Napkin calculations:

    
    
      0.04  /GB * 1000 = 40.00 /month (curr) =  480.00/yr
                * 2000 =                     =  960.00/yr
                * 3000 =                     = 1440.00/yr
    
      0.004 /GB * 8000 = 32.00 /month (cold) =  344.00/yr + 48.00/yr/TB
                                                          + 100.00/yr/2TB
                                                          + 175.00/yr/3.5TB
    
      1 shoot = 25GB (stills only) or 50GB w a 30 sec TL (add 25GB)
    
      ~100 shoots /yr ==> 2.5TB/yr @ 25GB, 5TB/yr @ 50GB
    
    

[Aside, that's 5-12 mins to upload (25Mbp/s - 10Mbp/s, only 3 mins @ 50Mbp/s).
So consider additional internet cost.]

Without frequently juggling current to cold, or doing yearly compounding
calculations, I'd eyeball this at ~$1300/yr, with growth of $150/yr, each
year.

One way to make this more attractive is to leverage the online storage to
build other recurring-revenue generating services, but most photographers
don't go for that type of thing. (In my experience, stock image sites, etc.
are primarily the realm of hobbyists.)

You also have the trust/confidence problem.
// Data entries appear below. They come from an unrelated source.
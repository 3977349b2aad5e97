-- ===== src/Merkle/Inclusion.antt =====
-- `verify_inclusion` accepts what `inclusion_proof` makes.
use native.Mathlib.Nat.{mul_assoc}
use blindrange.Prelude.{
  ℕ, zero, suc, ◌+◌, ◌-◌, ◌*◌, ◌/◌, ◌^◌, ◌≤◌, ◌<◌, ◌≡◌, refl, sym, ap, ap₂, ◌∙◌, List, [], ◌∷◌, ltb,
  true, false, some, get_elem?, get_elem?-take, get_elem?-drop, get_elem?-some, Bool-cases, lt→ltb,
  ltb→lt, inl, inr, length, take, drop, arith, two_pow_suc, two_pow_lt, two_pow_add, ok,
}
use blindrange.Merkle.{Bytes, split, root, Climb, climb_all, inclusion_proof, verify_inclusion}
use blindrange.Merkle.Split.{split_lem}
use blindrange.Merkle.Root.{halves, path}
use blindrange.Merkle.Steps.{up, up_gt, up_le, at, step_last, bytes_eq_refl}
use blindrange.Merkle.Full.{from_left, from_right, single, full}

module _ (sha256 : Bytes → Bytes) where
  -- The path of a leaf in a subtree at the right end of the tree, of the height `h`.
  record Edge (xs : List Bytes) (m : ℕ) (leaf : Bytes) : Type 0 where
    h : ℕ
    fits : length xs ≤ 2 ^ h
    tight : 2 ^ h < 2 * length xs
    climbs :
        (q : ℕ)
        → climb_all sha256 (at leaf (q * 2 ^ h + m) (q * 2 ^ h + length xs)) (path sha256 xs m)
          ≡ at (root sha256 xs) q (q + 1)

  module _ (xs : List Bytes) (m : ℕ) (leaf : Bytes) (two : 2 ≤ length xs)
      (el : get_elem? xs m ≡ some leaf) (j : ℕ) (sp : split (length xs) ≡ 2 ^ j)
      (low : 2 ^ j < length xs) (high : length xs ≤ 2 * 2 ^ j) (q : ℕ) where
    abbrev k : ℕ
    k = split (length xs)

    abbrev places : ℕ
    places = q * 2 ^ suc j

    abbrev start : Climb
    start = at leaf (places + m) (places + length xs)

    twice : places ≡ q * (2 * 2 ^ j)
    twice = ap (λ (t : ℕ). q * t) (two_pow_suc j)

    edge_left :
        ltb m k ≡ true → climb_all sha256 start (path sha256 xs m) ≡ at (root sha256 xs) q (q + 1)
    edge_left left =
        let c = up j (places + length xs) in
        let idx : places + m ≡ 2 * q * 2 ^ j + m = omega (arith, twice) in
        let above = up_gt j (2 * q + 1) (places + length xs) (omega (arith, twice, low)) in
        let below = up_le j (2 * q + 2) (places + length xs) (omega (arith, twice, high)) in
        let next : (c + 1) / 2 ≡ q + 1 = omega (arith, above, below) in
        from_left sha256 xs m start two q c left
          (ap (λ t. climb_all sha256 (at leaf t (places + length xs)) (path sha256 (take k xs) m))
              idx
            ∙ full sha256 j (take k xs) m leaf (2 * q) (places + length xs) ((halves xs two).0 ∙ sp)
                (get_elem?-take k m xs (ltb→lt m k left) ∙ el) (omega (arith, twice, low)))
          above
        ∙ ap (at (root sha256 xs) q) next

    rightmost_child :
        ltb m k ≡ false
        → Edge (drop k xs) (m - k) leaf
        → climb_all sha256 start (path sha256 xs m) ≡ at (root sha256 xs) q (q + 1)
    rightmost_child right e =
        let len = (halves xs two).1 in
        let short = two_pow_lt e.h (suc j) (omega (arith, e.tight, len, sp, two_pow_suc j, high)) in
        let gap = j - e.h in
        let sum : gap + e.h ≡ j = omega (arith, short) in
        let i = (2 * q + 1) * 2 ^ gap in
        let width : 2 ^ j ≡ 2 ^ gap * 2 ^ e.h =
          ap (λ (t : ℕ). 2 ^ t) (sym sum) ∙ two_pow_add gap e.h in
        let base : (2 * q + 1) * 2 ^ j ≡ i * 2 ^ e.h =
          ap (λ (t : ℕ). (2 * q + 1) * t) width ∙ sym (mul_assoc (2 * q + 1) (2 ^ gap) (2 ^ e.h)) in
        let index : places + m ≡ i * 2 ^ e.h + (m - k) = ground (arith, twice, sp, base, right) in
        let size : places + length xs ≡ i * 2 ^ e.h + length (drop k xs) =
          omega (arith, twice, sp, base, len, low) in
        from_right sha256 xs m start two (at (root sha256 (drop k xs)) i (i + 1)) q (q + 1) right
          (ap₂ (λ a b. climb_all sha256 (at leaf a b) (path sha256 (drop k xs) (m - k))) index size
            ∙ e.climbs i)
          (step_last sha256 (root sha256 (drop k xs)) (root sha256 (take k xs)) gap q i refl)

  rightmost_split :
      (xs : List Bytes) (m : ℕ) (leaf : Bytes)
      → 2 ≤ length xs
      → get_elem? xs m ≡ some leaf
      → ((k m' : ℕ)
          → length (drop k xs) < length xs
          → get_elem? (drop k xs) m' ≡ some leaf
          → Edge (drop k xs) m' leaf)
      → Edge xs m leaf
  rightmost_split xs m leaf two el below =
      let (j, sp, low, high) = split_lem (length xs) two in
      let (len_left, len_right, _, less) = halves xs two in
      let p = two_pow_suc j in
      record {
        h = suc j;
        fits = omega (arith, p, high);
        tight = omega (arith, p, low);
        climbs = λ q. elim (Bool-cases (ltb m (split (length xs)))) [
          | inl left ↦ edge_left xs m leaf two el j sp low high q left
          | inr right ↦
              let k = split (length xs) in
              let back : k + (m - k) ≡ m = ground (arith, right) in
              rightmost_child xs m leaf two el j sp low high q right (
                below k (m - k) (omega (arith, len_right, less, low, sp))
                  (get_elem?-drop k (m - k) xs ∙ rw back el))
        ];
      }

  edge :
      (f : ℕ) (xs : List Bytes) (m : ℕ) (leaf : Bytes)
      → length xs ≤ f
      → get_elem? xs m ≡ some leaf
      → Edge xs m leaf
  edge f [] m leaf p el = cc
  edge f (x ∷ []) m leaf p el =
      let (z, _) = single sha256 (x ∷ []) m leaf 0 0 refl el in
      record {
        h = 0;
        fits = omega arith;
        tight = omega arith;
        climbs = λ q.
            let a : q * 2 ^ 0 + m ≡ q = omega (arith, z) in
            let b : q * 2 ^ 0 + 1 ≡ q + 1 = omega arith in
            (single sha256 (x ∷ []) m leaf (q * 2 ^ 0 + m) (q * 2 ^ 0 + 1) refl el).1
            ∙ ap₂ (at (root sha256 (x ∷ []))) a b;
      }
  edge zero (x ∷ y ∷ ys) m leaf p el = absurd (omega arith)
  edge (suc f) (x ∷ y ∷ ys) m leaf p el =
      let xs = x ∷ y ∷ ys in
      rightmost_split xs m leaf (omega arith) el
        (λ k m' len. edge f (drop k xs) m' leaf (omega (arith, p, len)))

  -- The proof that `inclusion_proof` makes for a leaf of the tree is accepted for that leaf, its
  -- place, the number of leaves and the head of the tree.
  pub inclusion_complete :
      (xs : List Bytes) (m : ℕ) (leaf : Bytes)
      → get_elem? xs m ≡ some leaf
      → (proof : List Bytes) × (inclusion_proof sha256 xs m ≡ ok proof)
        × (verify_inclusion sha256 leaf m (length xs) proof (root sha256 xs) ≡ true)
  unfolding inclusion_proof verify_inclusion
  inclusion_complete xs m leaf el =
      let inside = lt→ltb m (length xs) (get_elem?-some m xs el) in
      let e = edge (length xs) xs m leaf (omega arith) el in
      let a : 0 * 2 ^ e.h + m ≡ m = omega arith in
      let b : 0 * 2 ^ e.h + length xs ≡ length xs = omega arith in
      let run =
        sym (ap₂ (λ i n. climb_all sha256 (at leaf i n) (path sha256 xs m)) a b) ∙ e.climbs 0 in
      (
        path sha256 xs m,
        rw inside,
        rw (inside, run) (ground (arith, bytes_eq_refl (root sha256 xs))),
      )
I suspect every photographer will
want to maintain their own backup as well. So, they won't "save" money (even
if online storage was less expensive, but I suspect it's not) because they
still need to pay for local storage. Of course, for apples to apples, you need
to factor in time to maintain those backups, either my hourly rate or their
own; things like disk-testing, data juggling (downsizing 1TB -> 3TB drives,
etc.). But again, it's still 'extra' cost, because they won't (IMO) switch to
solely online storage.

A question:

Are you providing tools to allow photographers to leverage their online
storage? E.g. Dropbox-like sharing with clients (even just contact sheets?),
integration against online print services, store-fronts for image sales, etc.?

All that said, I'm interested in seeing your private beta though. I think this
can work, one day. :)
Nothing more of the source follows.